Directions: Look below for the line containing "read_placement bytes lane"; from there, print each line exactly up to and including the line containing "group_bytes (some g)", and stop.

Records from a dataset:
== Segment start ==
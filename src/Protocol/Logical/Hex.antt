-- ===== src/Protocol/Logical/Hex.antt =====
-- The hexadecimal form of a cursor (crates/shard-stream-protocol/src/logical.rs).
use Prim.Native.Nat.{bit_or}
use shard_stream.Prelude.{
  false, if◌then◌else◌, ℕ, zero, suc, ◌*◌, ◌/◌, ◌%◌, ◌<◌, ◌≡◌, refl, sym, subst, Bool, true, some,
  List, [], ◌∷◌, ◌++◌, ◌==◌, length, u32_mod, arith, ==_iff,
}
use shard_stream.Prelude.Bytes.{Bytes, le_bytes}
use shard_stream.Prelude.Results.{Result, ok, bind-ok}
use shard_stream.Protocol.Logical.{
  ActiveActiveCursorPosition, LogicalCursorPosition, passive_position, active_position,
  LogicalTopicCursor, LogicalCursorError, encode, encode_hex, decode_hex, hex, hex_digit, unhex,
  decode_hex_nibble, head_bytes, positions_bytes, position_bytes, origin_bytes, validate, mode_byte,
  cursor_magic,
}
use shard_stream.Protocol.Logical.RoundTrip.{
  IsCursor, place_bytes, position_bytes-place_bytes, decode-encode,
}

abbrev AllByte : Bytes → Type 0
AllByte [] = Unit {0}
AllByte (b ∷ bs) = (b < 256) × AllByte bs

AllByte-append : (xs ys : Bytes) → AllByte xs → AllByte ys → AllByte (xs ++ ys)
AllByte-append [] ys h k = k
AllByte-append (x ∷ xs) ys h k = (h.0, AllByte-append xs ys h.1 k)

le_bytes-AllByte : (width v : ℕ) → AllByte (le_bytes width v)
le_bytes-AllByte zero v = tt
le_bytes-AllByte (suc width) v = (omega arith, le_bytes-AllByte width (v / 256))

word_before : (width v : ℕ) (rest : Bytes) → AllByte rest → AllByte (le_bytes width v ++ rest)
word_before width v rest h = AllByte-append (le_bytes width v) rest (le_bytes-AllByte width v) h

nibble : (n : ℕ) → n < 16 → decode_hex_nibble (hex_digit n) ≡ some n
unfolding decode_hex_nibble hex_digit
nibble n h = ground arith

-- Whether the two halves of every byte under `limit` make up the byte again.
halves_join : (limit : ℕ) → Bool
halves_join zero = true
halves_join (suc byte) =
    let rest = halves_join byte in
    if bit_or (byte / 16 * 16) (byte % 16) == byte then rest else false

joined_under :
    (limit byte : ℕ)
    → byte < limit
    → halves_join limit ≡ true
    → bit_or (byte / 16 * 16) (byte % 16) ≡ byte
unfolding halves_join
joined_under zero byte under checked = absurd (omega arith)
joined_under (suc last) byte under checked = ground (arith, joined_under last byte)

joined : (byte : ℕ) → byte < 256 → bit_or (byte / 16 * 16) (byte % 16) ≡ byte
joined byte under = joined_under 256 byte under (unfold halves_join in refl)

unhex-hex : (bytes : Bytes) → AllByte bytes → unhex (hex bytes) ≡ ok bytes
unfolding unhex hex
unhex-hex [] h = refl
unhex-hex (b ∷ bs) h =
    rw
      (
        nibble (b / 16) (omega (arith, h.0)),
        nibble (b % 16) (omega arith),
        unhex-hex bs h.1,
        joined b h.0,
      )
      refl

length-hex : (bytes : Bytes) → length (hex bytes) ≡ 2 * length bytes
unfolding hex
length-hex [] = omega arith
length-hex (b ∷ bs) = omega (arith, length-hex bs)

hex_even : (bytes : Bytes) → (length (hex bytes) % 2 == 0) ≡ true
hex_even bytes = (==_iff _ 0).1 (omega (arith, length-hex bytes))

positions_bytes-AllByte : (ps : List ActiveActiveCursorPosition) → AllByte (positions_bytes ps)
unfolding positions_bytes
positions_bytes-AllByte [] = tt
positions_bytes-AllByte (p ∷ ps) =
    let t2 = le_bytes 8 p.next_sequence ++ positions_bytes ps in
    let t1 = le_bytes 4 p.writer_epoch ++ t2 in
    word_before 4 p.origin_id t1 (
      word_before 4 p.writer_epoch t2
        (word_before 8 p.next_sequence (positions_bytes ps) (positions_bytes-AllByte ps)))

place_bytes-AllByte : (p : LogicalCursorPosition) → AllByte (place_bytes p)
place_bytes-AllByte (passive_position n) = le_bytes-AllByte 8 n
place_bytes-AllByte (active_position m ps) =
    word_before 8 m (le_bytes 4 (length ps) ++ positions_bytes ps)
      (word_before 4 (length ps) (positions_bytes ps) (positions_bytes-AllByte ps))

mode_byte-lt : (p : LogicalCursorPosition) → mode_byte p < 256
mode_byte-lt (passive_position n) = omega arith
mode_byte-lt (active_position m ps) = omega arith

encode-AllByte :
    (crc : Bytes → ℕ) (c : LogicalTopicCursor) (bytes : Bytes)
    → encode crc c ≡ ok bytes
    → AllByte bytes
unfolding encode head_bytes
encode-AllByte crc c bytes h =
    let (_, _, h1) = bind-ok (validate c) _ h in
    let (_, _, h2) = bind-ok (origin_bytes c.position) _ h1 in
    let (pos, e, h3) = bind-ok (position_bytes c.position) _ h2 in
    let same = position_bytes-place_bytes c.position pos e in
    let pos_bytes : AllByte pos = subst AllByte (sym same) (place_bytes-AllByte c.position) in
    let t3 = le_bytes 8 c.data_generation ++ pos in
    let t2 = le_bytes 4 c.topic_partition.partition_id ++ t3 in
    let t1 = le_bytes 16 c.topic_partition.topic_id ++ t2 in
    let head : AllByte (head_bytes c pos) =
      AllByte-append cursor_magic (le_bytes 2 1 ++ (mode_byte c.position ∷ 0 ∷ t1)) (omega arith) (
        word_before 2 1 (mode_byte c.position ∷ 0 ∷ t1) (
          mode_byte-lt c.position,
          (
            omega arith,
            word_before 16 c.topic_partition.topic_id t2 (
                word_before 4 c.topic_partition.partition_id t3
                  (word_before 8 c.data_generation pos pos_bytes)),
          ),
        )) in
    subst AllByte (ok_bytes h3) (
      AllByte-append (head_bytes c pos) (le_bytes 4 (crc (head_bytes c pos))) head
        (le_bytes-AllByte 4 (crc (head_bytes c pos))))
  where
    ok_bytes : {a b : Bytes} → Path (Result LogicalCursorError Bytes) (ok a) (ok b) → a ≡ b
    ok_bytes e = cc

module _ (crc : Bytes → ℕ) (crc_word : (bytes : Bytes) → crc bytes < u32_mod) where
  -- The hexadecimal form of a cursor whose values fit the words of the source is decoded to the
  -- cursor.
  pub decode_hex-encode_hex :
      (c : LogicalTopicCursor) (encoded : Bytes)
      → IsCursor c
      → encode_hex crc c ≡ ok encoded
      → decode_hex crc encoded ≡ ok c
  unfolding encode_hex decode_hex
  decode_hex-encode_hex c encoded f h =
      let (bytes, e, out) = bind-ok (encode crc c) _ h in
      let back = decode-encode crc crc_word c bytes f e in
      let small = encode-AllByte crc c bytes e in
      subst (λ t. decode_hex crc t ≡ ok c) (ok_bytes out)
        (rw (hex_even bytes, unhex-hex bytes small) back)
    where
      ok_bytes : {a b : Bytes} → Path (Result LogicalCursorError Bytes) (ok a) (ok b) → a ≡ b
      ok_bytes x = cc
== Segment end ==
== Segment start ==
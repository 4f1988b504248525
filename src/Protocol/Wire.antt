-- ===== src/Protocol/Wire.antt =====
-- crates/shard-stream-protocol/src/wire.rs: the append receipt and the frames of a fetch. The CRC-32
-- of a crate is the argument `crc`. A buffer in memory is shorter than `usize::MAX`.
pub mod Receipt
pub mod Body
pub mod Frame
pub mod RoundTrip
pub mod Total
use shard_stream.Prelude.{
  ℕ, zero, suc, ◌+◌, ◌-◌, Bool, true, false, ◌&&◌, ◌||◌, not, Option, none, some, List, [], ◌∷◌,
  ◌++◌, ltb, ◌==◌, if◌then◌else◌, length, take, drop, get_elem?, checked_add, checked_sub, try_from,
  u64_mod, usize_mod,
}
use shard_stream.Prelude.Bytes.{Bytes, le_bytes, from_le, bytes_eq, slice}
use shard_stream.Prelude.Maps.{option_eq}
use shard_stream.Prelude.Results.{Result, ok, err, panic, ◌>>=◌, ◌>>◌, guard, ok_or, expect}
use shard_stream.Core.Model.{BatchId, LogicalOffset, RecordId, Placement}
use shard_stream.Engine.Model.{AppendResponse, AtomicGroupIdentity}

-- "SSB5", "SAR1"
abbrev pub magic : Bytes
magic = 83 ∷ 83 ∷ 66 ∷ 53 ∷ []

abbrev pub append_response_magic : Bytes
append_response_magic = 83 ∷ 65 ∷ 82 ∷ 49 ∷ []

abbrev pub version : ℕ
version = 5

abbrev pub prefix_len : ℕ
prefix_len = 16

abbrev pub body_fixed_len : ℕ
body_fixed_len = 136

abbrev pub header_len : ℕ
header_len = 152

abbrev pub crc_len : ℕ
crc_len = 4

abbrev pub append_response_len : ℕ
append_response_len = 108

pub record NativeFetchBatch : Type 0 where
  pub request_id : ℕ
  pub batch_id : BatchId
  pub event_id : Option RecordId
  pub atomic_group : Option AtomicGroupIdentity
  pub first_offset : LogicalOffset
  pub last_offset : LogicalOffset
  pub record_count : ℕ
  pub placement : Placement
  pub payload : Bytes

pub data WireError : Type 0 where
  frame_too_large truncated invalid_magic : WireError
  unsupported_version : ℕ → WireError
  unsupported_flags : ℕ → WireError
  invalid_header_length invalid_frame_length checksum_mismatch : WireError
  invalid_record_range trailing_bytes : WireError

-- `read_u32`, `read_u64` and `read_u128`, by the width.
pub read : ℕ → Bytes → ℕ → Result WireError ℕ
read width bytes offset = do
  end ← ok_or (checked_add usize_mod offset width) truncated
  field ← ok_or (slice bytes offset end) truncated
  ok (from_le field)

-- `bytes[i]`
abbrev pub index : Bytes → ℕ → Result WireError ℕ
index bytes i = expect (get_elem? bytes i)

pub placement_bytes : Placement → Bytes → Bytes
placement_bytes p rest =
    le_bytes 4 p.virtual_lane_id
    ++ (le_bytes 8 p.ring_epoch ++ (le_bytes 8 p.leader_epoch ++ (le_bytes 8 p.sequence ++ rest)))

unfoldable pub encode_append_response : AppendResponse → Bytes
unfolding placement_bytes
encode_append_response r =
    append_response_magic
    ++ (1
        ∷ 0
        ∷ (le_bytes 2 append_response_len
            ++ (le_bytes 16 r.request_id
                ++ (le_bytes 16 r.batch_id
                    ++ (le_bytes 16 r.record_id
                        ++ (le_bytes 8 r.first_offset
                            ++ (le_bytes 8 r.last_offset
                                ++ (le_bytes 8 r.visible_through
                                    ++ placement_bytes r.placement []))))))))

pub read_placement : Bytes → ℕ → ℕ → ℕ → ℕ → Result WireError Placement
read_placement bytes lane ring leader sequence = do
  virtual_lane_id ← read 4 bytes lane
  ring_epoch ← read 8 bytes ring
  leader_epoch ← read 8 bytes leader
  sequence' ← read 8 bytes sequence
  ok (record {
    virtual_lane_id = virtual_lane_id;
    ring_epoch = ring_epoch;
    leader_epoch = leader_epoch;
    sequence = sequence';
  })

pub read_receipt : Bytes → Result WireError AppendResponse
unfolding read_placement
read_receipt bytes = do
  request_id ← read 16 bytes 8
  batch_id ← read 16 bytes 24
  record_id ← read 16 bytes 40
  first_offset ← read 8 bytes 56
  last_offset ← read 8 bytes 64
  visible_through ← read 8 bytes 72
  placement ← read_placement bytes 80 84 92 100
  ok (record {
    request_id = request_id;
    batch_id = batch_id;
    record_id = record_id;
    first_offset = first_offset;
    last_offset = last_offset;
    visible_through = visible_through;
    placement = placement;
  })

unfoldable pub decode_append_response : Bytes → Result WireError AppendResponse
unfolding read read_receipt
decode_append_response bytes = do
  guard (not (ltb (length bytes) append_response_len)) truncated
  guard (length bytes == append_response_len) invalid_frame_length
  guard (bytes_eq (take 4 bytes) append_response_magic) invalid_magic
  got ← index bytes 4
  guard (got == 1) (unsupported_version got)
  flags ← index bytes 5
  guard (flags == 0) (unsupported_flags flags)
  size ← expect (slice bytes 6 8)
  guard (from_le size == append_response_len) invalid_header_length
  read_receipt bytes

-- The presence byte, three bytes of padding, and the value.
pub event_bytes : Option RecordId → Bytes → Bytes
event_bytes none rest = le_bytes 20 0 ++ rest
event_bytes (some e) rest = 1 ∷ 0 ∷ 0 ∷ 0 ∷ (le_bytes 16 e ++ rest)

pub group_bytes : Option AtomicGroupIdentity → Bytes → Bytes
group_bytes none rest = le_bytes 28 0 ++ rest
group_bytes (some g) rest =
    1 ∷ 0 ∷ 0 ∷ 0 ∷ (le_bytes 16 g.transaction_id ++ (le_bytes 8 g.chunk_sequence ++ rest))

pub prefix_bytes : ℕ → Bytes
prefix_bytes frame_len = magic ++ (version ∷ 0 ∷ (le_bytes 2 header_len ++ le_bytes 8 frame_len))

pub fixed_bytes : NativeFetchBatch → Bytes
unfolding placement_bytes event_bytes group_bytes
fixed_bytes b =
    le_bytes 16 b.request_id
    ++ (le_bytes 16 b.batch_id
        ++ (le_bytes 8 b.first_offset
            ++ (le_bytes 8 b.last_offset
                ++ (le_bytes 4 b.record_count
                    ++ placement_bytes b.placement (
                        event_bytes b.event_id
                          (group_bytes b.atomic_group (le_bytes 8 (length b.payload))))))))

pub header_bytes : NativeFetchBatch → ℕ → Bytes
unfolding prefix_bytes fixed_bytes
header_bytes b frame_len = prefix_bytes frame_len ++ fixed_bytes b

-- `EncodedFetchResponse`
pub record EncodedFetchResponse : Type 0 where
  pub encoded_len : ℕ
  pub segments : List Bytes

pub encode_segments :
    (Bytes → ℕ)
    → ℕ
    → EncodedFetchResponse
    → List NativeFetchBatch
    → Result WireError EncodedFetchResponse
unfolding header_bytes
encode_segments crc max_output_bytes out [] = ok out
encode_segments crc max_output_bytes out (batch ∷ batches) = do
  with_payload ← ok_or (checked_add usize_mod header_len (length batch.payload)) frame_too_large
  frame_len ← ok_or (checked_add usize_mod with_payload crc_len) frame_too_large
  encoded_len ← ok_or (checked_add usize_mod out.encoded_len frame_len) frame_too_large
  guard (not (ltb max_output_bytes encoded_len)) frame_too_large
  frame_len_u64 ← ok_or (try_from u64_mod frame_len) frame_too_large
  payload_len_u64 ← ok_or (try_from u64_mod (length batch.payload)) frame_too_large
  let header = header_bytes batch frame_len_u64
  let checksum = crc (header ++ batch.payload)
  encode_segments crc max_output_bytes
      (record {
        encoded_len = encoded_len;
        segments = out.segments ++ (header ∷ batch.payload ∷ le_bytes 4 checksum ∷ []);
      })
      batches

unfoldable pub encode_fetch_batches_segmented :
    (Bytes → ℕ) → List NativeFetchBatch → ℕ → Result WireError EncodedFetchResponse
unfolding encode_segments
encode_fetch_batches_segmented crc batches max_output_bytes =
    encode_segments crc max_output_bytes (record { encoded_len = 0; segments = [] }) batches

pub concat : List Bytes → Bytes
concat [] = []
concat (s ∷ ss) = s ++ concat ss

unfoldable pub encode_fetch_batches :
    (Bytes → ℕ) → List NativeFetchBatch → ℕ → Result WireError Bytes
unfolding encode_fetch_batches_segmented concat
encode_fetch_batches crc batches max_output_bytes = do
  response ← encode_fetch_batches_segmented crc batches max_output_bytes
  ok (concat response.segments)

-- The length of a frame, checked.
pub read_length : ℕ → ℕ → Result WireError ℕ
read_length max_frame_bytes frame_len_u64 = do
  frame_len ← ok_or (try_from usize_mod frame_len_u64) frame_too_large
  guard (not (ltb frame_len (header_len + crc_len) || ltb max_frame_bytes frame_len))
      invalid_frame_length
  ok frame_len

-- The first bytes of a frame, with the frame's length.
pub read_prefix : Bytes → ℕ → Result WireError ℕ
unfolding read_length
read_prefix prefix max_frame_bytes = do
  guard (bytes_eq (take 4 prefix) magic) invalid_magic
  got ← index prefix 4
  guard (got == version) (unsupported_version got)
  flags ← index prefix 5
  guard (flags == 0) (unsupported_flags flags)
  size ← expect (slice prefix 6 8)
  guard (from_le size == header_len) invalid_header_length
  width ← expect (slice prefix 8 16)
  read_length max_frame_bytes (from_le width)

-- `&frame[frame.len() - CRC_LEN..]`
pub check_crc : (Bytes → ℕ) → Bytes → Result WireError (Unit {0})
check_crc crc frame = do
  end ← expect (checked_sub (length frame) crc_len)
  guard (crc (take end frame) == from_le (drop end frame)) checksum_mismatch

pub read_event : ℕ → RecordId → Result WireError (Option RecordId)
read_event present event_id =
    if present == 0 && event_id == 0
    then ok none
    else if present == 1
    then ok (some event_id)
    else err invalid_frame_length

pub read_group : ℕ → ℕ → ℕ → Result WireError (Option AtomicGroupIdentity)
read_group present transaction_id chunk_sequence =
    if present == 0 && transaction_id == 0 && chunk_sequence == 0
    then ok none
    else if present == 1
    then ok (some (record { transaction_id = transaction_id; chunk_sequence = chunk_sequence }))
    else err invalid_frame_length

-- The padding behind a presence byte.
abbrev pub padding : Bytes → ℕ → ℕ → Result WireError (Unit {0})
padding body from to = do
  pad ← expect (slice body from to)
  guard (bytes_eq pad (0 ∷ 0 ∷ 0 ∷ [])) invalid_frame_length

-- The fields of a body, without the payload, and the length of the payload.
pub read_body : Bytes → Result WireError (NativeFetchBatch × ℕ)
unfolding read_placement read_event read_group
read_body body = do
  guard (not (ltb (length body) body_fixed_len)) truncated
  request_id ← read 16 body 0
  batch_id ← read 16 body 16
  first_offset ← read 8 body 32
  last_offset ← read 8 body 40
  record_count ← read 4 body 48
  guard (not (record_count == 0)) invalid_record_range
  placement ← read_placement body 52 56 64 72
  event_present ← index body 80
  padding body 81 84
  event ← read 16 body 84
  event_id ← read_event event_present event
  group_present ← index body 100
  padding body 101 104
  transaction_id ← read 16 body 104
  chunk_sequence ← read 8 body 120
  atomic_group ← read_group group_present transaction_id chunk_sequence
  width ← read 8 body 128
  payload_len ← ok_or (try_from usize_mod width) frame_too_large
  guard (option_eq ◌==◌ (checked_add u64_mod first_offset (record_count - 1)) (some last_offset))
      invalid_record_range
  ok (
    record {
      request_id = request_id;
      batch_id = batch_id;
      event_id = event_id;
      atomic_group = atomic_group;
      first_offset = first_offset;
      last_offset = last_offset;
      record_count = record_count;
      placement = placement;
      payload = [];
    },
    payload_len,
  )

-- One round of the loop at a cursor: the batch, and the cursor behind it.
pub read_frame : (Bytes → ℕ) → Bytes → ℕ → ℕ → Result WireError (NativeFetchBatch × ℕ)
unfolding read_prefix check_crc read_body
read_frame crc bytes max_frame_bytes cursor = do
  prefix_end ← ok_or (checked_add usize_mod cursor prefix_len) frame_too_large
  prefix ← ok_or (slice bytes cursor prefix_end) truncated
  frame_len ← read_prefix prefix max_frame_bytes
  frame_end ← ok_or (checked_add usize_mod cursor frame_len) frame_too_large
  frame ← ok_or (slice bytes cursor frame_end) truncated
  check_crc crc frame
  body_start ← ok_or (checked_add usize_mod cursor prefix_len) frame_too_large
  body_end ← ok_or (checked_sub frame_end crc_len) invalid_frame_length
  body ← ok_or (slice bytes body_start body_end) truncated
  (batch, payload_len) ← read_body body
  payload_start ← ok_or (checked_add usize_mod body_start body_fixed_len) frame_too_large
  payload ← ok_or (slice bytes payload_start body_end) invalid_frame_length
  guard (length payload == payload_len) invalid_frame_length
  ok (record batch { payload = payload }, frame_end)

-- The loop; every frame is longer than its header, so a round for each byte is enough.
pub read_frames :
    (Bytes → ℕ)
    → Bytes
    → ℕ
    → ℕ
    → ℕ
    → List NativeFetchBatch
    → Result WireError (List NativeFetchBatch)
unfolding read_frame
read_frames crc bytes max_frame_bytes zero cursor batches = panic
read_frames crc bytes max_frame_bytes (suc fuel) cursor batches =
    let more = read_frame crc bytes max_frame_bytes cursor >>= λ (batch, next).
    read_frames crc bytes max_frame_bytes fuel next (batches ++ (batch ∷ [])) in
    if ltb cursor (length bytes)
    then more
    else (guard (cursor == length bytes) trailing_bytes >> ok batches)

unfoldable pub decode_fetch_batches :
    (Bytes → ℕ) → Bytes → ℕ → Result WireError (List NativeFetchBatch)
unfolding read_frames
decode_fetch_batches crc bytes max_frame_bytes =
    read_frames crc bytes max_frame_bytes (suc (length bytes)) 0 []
== Segment end ==
== Segment start ==
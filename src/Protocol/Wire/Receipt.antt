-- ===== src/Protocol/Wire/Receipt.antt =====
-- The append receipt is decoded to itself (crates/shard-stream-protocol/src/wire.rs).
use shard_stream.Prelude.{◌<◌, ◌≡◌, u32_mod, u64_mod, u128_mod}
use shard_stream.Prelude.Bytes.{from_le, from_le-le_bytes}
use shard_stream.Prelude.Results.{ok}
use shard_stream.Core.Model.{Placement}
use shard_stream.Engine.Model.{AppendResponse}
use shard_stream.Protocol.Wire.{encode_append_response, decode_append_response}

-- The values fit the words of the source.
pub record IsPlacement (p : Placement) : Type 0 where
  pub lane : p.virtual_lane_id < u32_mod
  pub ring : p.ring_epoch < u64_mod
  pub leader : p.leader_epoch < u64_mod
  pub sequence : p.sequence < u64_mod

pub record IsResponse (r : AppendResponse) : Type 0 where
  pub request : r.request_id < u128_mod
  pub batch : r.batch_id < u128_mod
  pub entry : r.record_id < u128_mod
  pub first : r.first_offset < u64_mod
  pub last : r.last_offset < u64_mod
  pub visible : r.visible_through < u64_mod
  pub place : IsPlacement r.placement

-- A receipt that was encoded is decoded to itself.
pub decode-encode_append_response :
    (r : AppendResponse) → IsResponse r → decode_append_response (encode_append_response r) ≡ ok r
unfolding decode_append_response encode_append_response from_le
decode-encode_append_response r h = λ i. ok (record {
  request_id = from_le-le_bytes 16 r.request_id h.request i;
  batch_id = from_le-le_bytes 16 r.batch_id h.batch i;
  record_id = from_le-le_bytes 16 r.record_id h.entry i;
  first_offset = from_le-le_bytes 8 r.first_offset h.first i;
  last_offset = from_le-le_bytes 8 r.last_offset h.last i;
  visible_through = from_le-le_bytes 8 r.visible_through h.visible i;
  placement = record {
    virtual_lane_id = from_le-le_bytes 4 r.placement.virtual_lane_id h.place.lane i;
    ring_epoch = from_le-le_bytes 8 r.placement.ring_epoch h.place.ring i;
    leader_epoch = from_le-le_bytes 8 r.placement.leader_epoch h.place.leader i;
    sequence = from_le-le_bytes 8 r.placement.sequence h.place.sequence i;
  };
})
== Segment end ==
Answer to this exercise:
read_placement bytes lane ring leader sequence = do
  virtual_lane_id ← read 4 bytes lane
  ring_epoch ← read 8 bytes ring
  leader_epoch ← read 8 bytes leader
  sequence' ← read 8 bytes sequence
  ok (record {
    virtual_lane_id = virtual_lane_id;
    ring_epoch = ring_epoch;
    leader_epoch = leader_epoch;
    sequence = sequence';
  })

pub read_receipt : Bytes → Result WireError AppendResponse
unfolding read_placement
read_receipt bytes = do
  request_id ← read 16 bytes 8
  batch_id ← read 16 bytes 24
  record_id ← read 16 bytes 40
  first_offset ← read 8 bytes 56
  last_offset ← read 8 bytes 64
  visible_through ← read 8 bytes 72
  placement ← read_placement bytes 80 84 92 100
  ok (record {
    request_id = request_id;
    batch_id = batch_id;
    record_id = record_id;
    first_offset = first_offset;
    last_offset = last_offset;
    visible_through = visible_through;
    placement = placement;
  })

unfoldable pub decode_append_response : Bytes → Result WireError AppendResponse
unfolding read read_receipt
decode_append_response bytes = do
  guard (not (ltb (length bytes) append_response_len)) truncated
  guard (length bytes == append_response_len) invalid_frame_length
  guard (bytes_eq (take 4 bytes) append_response_magic) invalid_magic
  got ← index bytes 4
  guard (got == 1) (unsupported_version got)
  flags ← index bytes 5
  guard (flags == 0) (unsupported_flags flags)
  size ← expect (slice bytes 6 8)
  guard (from_le size == append_response_len) invalid_header_length
  read_receipt bytes

-- The presence byte, three bytes of padding, and the value.
pub event_bytes : Option RecordId → Bytes → Bytes
event_bytes none rest = le_bytes 20 0 ++ rest
event_bytes (some e) rest = 1 ∷ 0 ∷ 0 ∷ 0 ∷ (le_bytes 16 e ++ rest)

pub group_bytes : Option AtomicGroupIdentity → Bytes → Bytes
group_bytes none rest = le_bytes 28 0 ++ rest
group_bytes (some g) rest =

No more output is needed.